Pelosi And Hoyer Have Prepared A White Flag And A Dagger For The Backs Of Working Families



Apparently Perdue and Loeffler told McConnell and voters inGeorgia are so furious about the lack on progress on a pandemic relief package that they fear they may both lose their seats-- meaning McConnell would go from majority leader to minority leader. It's only that that's getting him to move a few millimeters in the direction of superficial human decency. Pelosi has long given up on the Democrats' $3.4 trillion plan and will likely accept whatever is thrown her way, probably would have accepted it already if the progressives hadn't raised such a stink.

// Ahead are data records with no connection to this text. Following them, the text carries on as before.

-- ===== src/Adapters/NetworkPolicy.antt =====
-- internal/adapters/networkpolicy/adapter.go: a NetworkPolicy becomes a constraint for each of its
-- directions. The accessors of unstructured objects are the section's parameter.
use nightjar.Prelude.{
  String, Bool, true, ◌||◌, Option, none, some, List, [], ◌∷◌, ◌++◌, if◌then◌else◌, ◌==◌, string_eq,
  any, length, nat_eqb, decimal, concat, suc,
}
use nightjar.Prelude.Strings.{quote}
use nightjar.Types.{
  GroupVersionResource, Constraint, ConstraintType, LabelSelector, zero_constraint,
  constraint_type_network_ingress, constraint_type_network_egress, severity_warning,
}
use nightjar.Types.Value.{
  Value, Object, Items, integer, negative, float, text, boolean, items, end, field, nil, cons,
  lookup_field, as_object, to_list,
}
use nightjar.Util.{
  Library, Unstructured, safe_nested_map, safe_nested_slice, safe_nested_string_slice,
  safe_nested_label_selector, safe_string_from_map, elements, unique_strings,
}
use nightjar.Adapters.{Parsed, error, parsed}

abbrev pub gvr : GroupVersionResource
gvr = record { group = "networking.k8s.io"; version = "v1"; resource = "networkpolicies" }

unfoldable pub contains_policy_type : List String → String → Bool
contains_policy_type policy_types target = any (λ t. t == target) policy_types

-- A `[]string` inside a map.
unfoldable pub text_items : List String → Items
text_items [] = nil
text_items (s ∷ ss) = cons (text s) (text_items ss)

abbrev put_strings : String → List String → Object → Object
put_strings key l rest =
    if nat_eqb (length l) 0 then rest else field key (items (text_items (unique_strings l))) rest

module _ (lib : Library) where
  unfoldable pub extract_policy_types : Object → List String
  extract_policy_types spec = safe_nested_string_slice lib (some spec) ("policyTypes" ∷ [])

  unfoldable pub extract_label_selector : Object → String → Option LabelSelector
  extract_label_selector spec name = safe_nested_label_selector lib (some spec) (name ∷ [])

  rule_list : String → Object → List Value
  rule_list direction spec = elements lib (safe_nested_slice lib (some spec) (direction ∷ []))

  unfoldable pub build_ingress_summary : String → Object → String
  unfolding rule_list
  build_ingress_summary name spec =
      let rules = rule_list "ingress" spec in
      if nat_eqb (length rules) 0
      then concat ("NetworkPolicy " ∷ quote name ∷ " denies all ingress traffic" ∷ [])
      else concat (
          "NetworkPolicy "
          ∷ quote name
          ∷ " restricts ingress to "
          ∷ decimal (length rules)
          ∷ " rule(s)"
          ∷ [])

  unfoldable pub build_egress_summary : String → Object → String
  unfolding rule_list
  build_egress_summary name spec =
      let rules = rule_list "egress" spec in
      if nat_eqb (length rules) 0
      then concat ("NetworkPolicy " ∷ quote name ∷ " denies all egress traffic" ∷ [])
      else concat (
          "NetworkPolicy "
          ∷ quote name
          ∷ " restricts egress to "
          ∷ decimal (length rules)
          ∷ " rule(s)"
          ∷ [])

  -- The port as a text, from a number or a text; the empty text where it is neither.
  unfoldable pub port_text : Option Value → String
  port_text (some (integer n)) = decimal n
  port_text (some (negative n)) = concat ("-" ∷ decimal (suc n) ∷ [])
  port_text (some (float x)) = lib.int_text x
  port_text (some (text s)) = s
  port_text _ = ""

  port_entry : Object → List String
  unfolding port_text
  port_entry port =
      let named = safe_string_from_map (some port) "protocol" in
      let protocol = if named == "" then "TCP" else named in
      let number = port_text (lookup_field "port" port) in
      if number == "" then [] else concat (number ∷ "/" ∷ protocol ∷ []) ∷ []

  port_entries : List Value → List String
  unfolding port_entry
  port_entries [] = []
  port_entries (v ∷ vs) =
      let others = port_entries vs in
      elim (as_object v) [ none ↦ others | some port ↦ port_entry port ++ others ]

  unfoldable pub extract_ports : Object → List String
  unfolding port_entries
  extract_ports rule =
      port_entries (elements lib (safe_nested_slice lib (some rule) ("ports" ∷ [])))

  cidr_entry : Object → List String
  cidr_entry peer =
      let cidr = safe_string_from_map (safe_nested_map lib (some peer) ("ipBlock" ∷ [])) "cidr" in
      if cidr == "" then [] else cidr ∷ []

  cidr_entries : List Value → List String
  unfolding cidr_entry
  cidr_entries [] = []
  cidr_entries (v ∷ vs) =
      let others = cidr_entries vs in
      elim (as_object v) [ none ↦ others | some peer ↦ cidr_entry peer ++ others ]

  unfoldable pub extract_cidrs_from_rule : Object → String → List String
  unfolding cidr_entries
  extract_cidrs_from_rule rule direction =
      cidr_entries (elements lib (safe_nested_slice lib (some rule) (direction ∷ [])))

  ports_of_rules : List Value → List String
  ports_of_rules [] = []
  ports_of_rules (v ∷ vs) =
      let others = ports_of_rules vs in
      elim (as_object v) [ none ↦ others | some rule ↦ extract_ports rule ++ others ]

  cidrs_of_rules : String → List Value → List String
  cidrs_of_rules direction [] = []
  cidrs_of_rules direction (v ∷ vs) =
      let others = cidrs_of_rules direction vs in
      elim (as_object v) [
        | none ↦ others
        | some rule ↦ extract_cidrs_from_rule rule direction ++ others
      ]

  -- `extractIngressDetails` and `extractEgressDetails`, by the key of the rules and that of their
  -- peers.
  unfoldable pub extract_details : String → String → Object → Object
  unfolding ports_of_rules cidrs_of_rules
  extract_details rules_key peers_key spec =
      elim (safe_nested_slice lib (some spec) (rules_key ∷ [])) [
        | none ↦ field "ruleCount" (integer 0) (field "deniesAll" (boolean true) end)
        | some rules ↦
            let l = to_list rules in
            field "ruleCount" (integer (length l)) (
              put_strings "allowedPorts" (ports_of_rules l)
                (put_strings "allowedCIDRs" (cidrs_of_rules peers_key l) end))
      ]

  unfoldable pub direction_constraint :
      Unstructured → Object → ConstraintType → String → Object → Constraint
  direction_constraint obj spec direction summary details = record zero_constraint {
    uid = obj.uid;
    source = gvr;
    name = obj.name;
    namespace = obj.namespace;
    affected_namespaces = obj.namespace ∷ [];
    workload_selector = extract_label_selector spec "podSelector";
    constraint_type = direction;
    effect = "restrict";
    severity = severity_warning;
    summary = summary;
    remediation_hint = concat (
        "Review NetworkPolicy " ∷ obj.namespace ∷ "/" ∷ obj.name ∷ " or contact your platform team"
        ∷ []);
    details = details;
    raw_object = some obj.content;
  }

  unfoldable pub ingress_constraint : Unstructured → Object → Constraint
  unfolding direction_constraint
  ingress_constraint obj spec =
      direction_constraint obj spec constraint_type_network_ingress
        (build_ingress_summary obj.name spec) (extract_details "ingress" "from" spec)

  unfoldable pub egress_constraint : Unstructured → Object → Constraint
  unfolding direction_constraint
  egress_constraint obj spec =
      direction_constraint obj spec constraint_type_network_egress
        (build_egress_summary obj.name spec) (extract_details "egress" "to" spec)

  unfoldable pub parse : Unstructured → Parsed
  parse obj = elim (safe_nested_map lib (some obj.content) ("spec" ∷ [])) [
    | none ↦
        error (concat ("networkpolicy " ∷ obj.namespace ∷ "/" ∷ obj.name ∷ ": missing spec" ∷ []))
    | some spec ↦
        let types = extract_policy_types spec in
        parsed (
          (if contains_policy_type types "Ingress" || nat_eqb (length types) 0
            then ingress_constraint obj spec ∷ []
            else [])
          ++ (if contains_policy_type types "Egress" then egress_constraint obj spec ∷ [] else []))
  ]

Ilhan Omar found 50 members of the House to sign on to a letter she sent the congressional leaders:

We write to convey the indisputable need to including relief checks in the stimulus package currently being negotiated, and to reinforce the call made by countless Americans for continued direct cash payments in the wake of the COVID-19 crisis.
The COVID-19 pandemic has caused major shocks to the U.S. economy and public health system in our modern history. This pandemic has only worsened existing systemic inequities in our society, with low-wage earners, women, and Black and Latino communities disproportionately suffering from the human and economic toll of the virus. Almost half of all households in the United States reported experiencing serious financial concerns such as running out of savings and not having enough money for basic necessities. Direct cash assistance has become a lifeline for the American people.
We have learned from the CARES Act that the Economic Impact Payments (EIPs) saved many families from financial ruin and sheltered the economy as a whole. According to a Census Household Pulse Survey, most respondents used these checks to pay for everyday expenses including food, rents/mortgages, utilities, and other consumer debts. This boost in consumer spending in the second quarter helped to prop up the economy. These cash payments were one of the main reasons why the poverty rate fell in the early months of the pandemic, before beginning to rise again as critical fiscal aid has been depleted or set to expire.
Now that much of the fiscal assistance in the CARES Act has run out, consumer spending is trending downward while COVID-19 cases are spiking across the country. It is clear that we need to provide financial support to those who must stay home, and prevent our most vulnerable populations from being pushed into poverty and homelessness.
This type of cash assistance has already proved to be one of the most effective and most equitable ways to directly support the American people this year. Excluding universal and direct cash relief from the next stimulus will leave behind tens of millions of people who have lost income as well as many struggling individuals who cannot work and those left out of federal support programs. A robust relief package must pair cash assistance programming with increased unemployment insurance (UI), Supplemental Nutrition Assistance Program (SNAP), aid to states and localities, and childcare funding. However, direct payments are one of the quickest ways to bring relief to the most people and must be a priority in the next package to ensure that American families will have the unconditional aid they need to support themselves and their local economies during this perilous time in our nation’s history.
We hope that you will keep in mind this urgent need as you continue to craft a relief package to help struggling Americans as we reach the end of the year. Our constituents are in great need, and we have a duty to deliver the most effective, most direct assistance possible.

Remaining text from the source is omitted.